+++ WORKING DATA +++

-- ===== src/Instances/Standing.antt =====
-- What holds of each instance that is stored, and what keeps it.
use proof_arena.Base.{
  ℕ, ◌≡◌, ◌⊎◌, ◌<◌, inl, inr, refl, String, true, Option, none, some, List, [], ◌∷◌, ◌++◌, arith,
  All, ◌==◌, number_equality, nat_beq_iff, find, is_some,
}
use proof_arena.Db.{
  AgentInstance, VerificationArtifact, SagaStatus, SagaFailureReason, TrustLabel, Store,
}
use proof_arena.Instances.Update.{replace}

abbrev pub Artifacts : Type 0
Artifacts = List (ℕ × VerificationArtifact)

-- a consent under the key, whose hash is the one of its text and which belongs to no run
abbrev pub IsConsent : (String → String) → ℕ → Artifacts → Type 0
IsConsent sha256 key [] = ⊥
IsConsent sha256 key ((k, a) ∷ rest) =
    ((k ≡ key)
      × (a.run_id ≡ none)
      × (a.artifact_type ≡ "deployment_consent")
      × (a.content_hash ≡ sha256 a.uri_or_ref))
    ⊎ IsConsent sha256 key rest

abbrev pub HasConsent : (String → String) → Artifacts → Option ℕ → Type 0
HasConsent sha256 artifacts none = ⊥
HasConsent sha256 artifacts (some key) = IsConsent sha256 key artifacts

-- what a status says of the reason, the runtime's handle and the consent; the other statuses are never
-- stored
abbrev pub Stands :
    (String → String)
    → Artifacts
    → SagaStatus
    → Option SagaFailureReason
    → Option String
    → Option ℕ
    → Type 0
Stands sha256 artifacts SagaStatus.live reason handle consent =
    (reason ≡ none) × (is_some handle ≡ true) × HasConsent sha256 artifacts consent
Stands sha256 artifacts SagaStatus.wallet_created_runtime_failed reason handle consent =
    (reason ≡ some SagaFailureReason.wallet_created_runtime_failed)
    × (handle ≡ none)
    × (consent ≡ none)
Stands sha256 artifacts SagaStatus.runtime_live_consent_failed reason handle consent =
    (reason ≡ some SagaFailureReason.runtime_live_consent_failed)
    × (is_some handle ≡ true)
    × (consent ≡ none)
Stands sha256 artifacts SagaStatus.torn_down reason handle consent = reason ≡ none
Stands sha256 artifacts _ reason handle consent = ⊥

-- the flagship's label is for the platform's instances alone
abbrev pub IsLabelled : TrustLabel → String → Type 0
IsLabelled TrustLabel.benchmarked_canonical_template owner = owner ≡ "platform:flagship"
IsLabelled TrustLabel.benchmark_compatible_customized_instance owner = Unit
IsLabelled TrustLabel.external_custom_runtime owner = ⊥

-- a row with the key that has the owner
abbrev pub IsOwned : ℕ → String → List AgentInstance → Type 0
IsOwned key owner [] = ⊥
IsOwned key owner (r ∷ rs) =
    ((r.instance_id ≡ key) × (r.instance_owner_ref ≡ owner)) ⊎ IsOwned key owner rs

-- what replaces an instance is a later instance of the same owner
abbrev pub Follows : List AgentInstance → ℕ → String → Option ℕ → Type 0
Follows rows id owner none = Unit
Follows rows id owner (some key) = (id < key) × IsOwned key owner rows

pub record IsSound (sha256 : String → String) (artifacts : Artifacts) (rows : List AgentInstance)
    (row : AgentInstance) : Type 0 where
  pub stands :
      Stands sha256 artifacts row.status row.last_failure_reason row.runtime_handle_json
        row.consent_artifact_id
  pub has_wallet : (is_some row.wallet_address ≡ true) × (is_some row.hosted_wallet_ref ≡ true)
  pub labelled : IsLabelled row.trust_label row.instance_owner_ref
  pub follows : Follows rows row.instance_id row.instance_owner_ref row.superseded_by_instance_id

-- each stored instance is sound
abbrev pub AreSound : (String → String) → Store → Type 0
AreSound sha256 db = All (IsSound sha256 db.artifacts db.instances) db.instances

-- a key above all that are stored
abbrev pub IsFresh : ℕ → Store → Type 0
IsFresh key db = All (λ (r : AgentInstance). r.instance_id < key) db.instances

module _ (sha256 : String → String) (more : Artifacts) where
  IsConsent-append :
      (key : ℕ) (artifacts : Artifacts)
      → IsConsent sha256 key artifacts
      → IsConsent sha256 key (artifacts ++ more)
  IsConsent-append key [] h = absurd h
  IsConsent-append key ((k, a) ∷ rest) (inl here) = inl here
  IsConsent-append key ((k, a) ∷ rest) (inr later) = inr (IsConsent-append key rest later)

  HasConsent-append :
      (artifacts : Artifacts) (consent : Option ℕ)
      → HasConsent sha256 artifacts consent
      → HasConsent sha256 (artifacts ++ more) consent
  HasConsent-append artifacts none h = absurd h
  HasConsent-append artifacts (some key) h = IsConsent-append key artifacts h

  pub Stands-append :
      (artifacts : Artifacts) (status : SagaStatus) (reason : Option SagaFailureReason)
      (handle : Option String) (consent : Option ℕ)
      → Stands sha256 artifacts status reason handle consent
      → Stands sha256 (artifacts ++ more) status reason handle consent
  Stands-append artifacts SagaStatus.live reason handle consent h =
      (h.0, h.1, HasConsent-append artifacts consent h.2)
  Stands-append artifacts SagaStatus.wallet_created_runtime_failed reason handle consent h = h
  Stands-append artifacts SagaStatus.runtime_live_consent_failed reason handle consent h = h
  Stands-append artifacts SagaStatus.torn_down reason handle consent h = h
  Stands-append artifacts SagaStatus.provisioning reason handle consent h = absurd h
  Stands-append artifacts SagaStatus.provisioning_failed reason handle consent h = absurd h
  Stands-append artifacts SagaStatus.paused reason handle consent h = absurd h

-- the artifact that is added last
pub IsConsent-last :
    (sha256 : String → String) (key : ℕ) (a : VerificationArtifact) (artifacts : Artifacts)
    → a.run_id ≡ none
    → a.artifact_type ≡ "deployment_consent"
    → a.content_hash ≡ sha256 a.uri_or_ref
    → IsConsent sha256 key (artifacts ++ (key, a) ∷ [])
IsConsent-last sha256 key a [] run type hash = inl (refl, run, type, hash)
IsConsent-last sha256 key a (x ∷ rest) run type hash =
    inr (IsConsent-last sha256 key a rest run type hash)

pub IsOwned-append :
    (key : ℕ) (owner : String) (rows more : List AgentInstance)
    → IsOwned key owner rows
    → IsOwned key owner (rows ++ more)
IsOwned-append key owner [] more h = absurd h
IsOwned-append key owner (r ∷ rs) more (inl here) = inl here
IsOwned-append key owner (r ∷ rs) more (inr later) = inr (IsOwned-append key owner rs more later)

pub IsOwned-last :
    (row : AgentInstance) (rows : List AgentInstance)
    → IsOwned row.instance_id row.instance_owner_ref (rows ++ row ∷ [])
IsOwned-last row [] = inl (refl, refl)
IsOwned-last row (r ∷ rs) = inr (IsOwned-last row rs)

-- a row that is written back under its key and for its owner
pub IsOwned-replace :
    (key : ℕ) (owner : String) (row old : AgentInstance) (rows : List AgentInstance)
    → find (λ r. r.instance_id == row.instance_id) rows ≡ some old
    → row.instance_owner_ref ≡ old.instance_owner_ref
    → IsOwned key owner rows
    → IsOwned key owner (replace row.instance_id row rows)
IsOwned-replace key owner row old [] found same h = absurd h
IsOwned-replace key owner row old (r ∷ rs) found same (inl here) =
    ground (arith, found, nat_beq_iff r.instance_id row.instance_id)
IsOwned-replace key owner row old (r ∷ rs) found same (inr later) =
    let ih = λ (f : find (λ (r : AgentInstance). r.instance_id == row.instance_id) rs ≡ some old).
      IsOwned-replace key owner row old rs f same later in
    ground (arith, found, ih, later)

+++

▶ WHAT IS EXPECTED: Reproduce word for word the material above, starting with the line that has "sha256 key rest" and stopping after the line that has "abbrev pub IsLabelled".

▶ EXERCISE RESPONSE:
    ⊎ IsConsent sha256 key rest

abbrev pub HasConsent : (String → String) → Artifacts → Option ℕ → Type 0
HasConsent sha256 artifacts none = ⊥
HasConsent sha256 artifacts (some key) = IsConsent sha256 key artifacts

-- what a status says of the reason, the runtime's handle and the consent; the other statuses are never
-- stored
abbrev pub Stands :
    (String → String)
    → Artifacts
    → SagaStatus
    → Option SagaFailureReason
    → Option String
    → Option ℕ
    → Type 0
Stands sha256 artifacts SagaStatus.live reason handle consent =
    (reason ≡ none) × (is_some handle ≡ true) × HasConsent sha256 artifacts consent
Stands sha256 artifacts SagaStatus.wallet_created_runtime_failed reason handle consent =
    (reason ≡ some SagaFailureReason.wallet_created_runtime_failed)
    × (handle ≡ none)
    × (consent ≡ none)
Stands sha256 artifacts SagaStatus.runtime_live_consent_failed reason handle consent =
    (reason ≡ some SagaFailureReason.runtime_live_consent_failed)
    × (is_some handle ≡ true)
    × (consent ≡ none)
Stands sha256 artifacts SagaStatus.torn_down reason handle consent = reason ≡ none
Stands sha256 artifacts _ reason handle consent = ⊥

-- the flagship's label is for the platform's instances alone
abbrev pub IsLabelled : TrustLabel → String → Type 0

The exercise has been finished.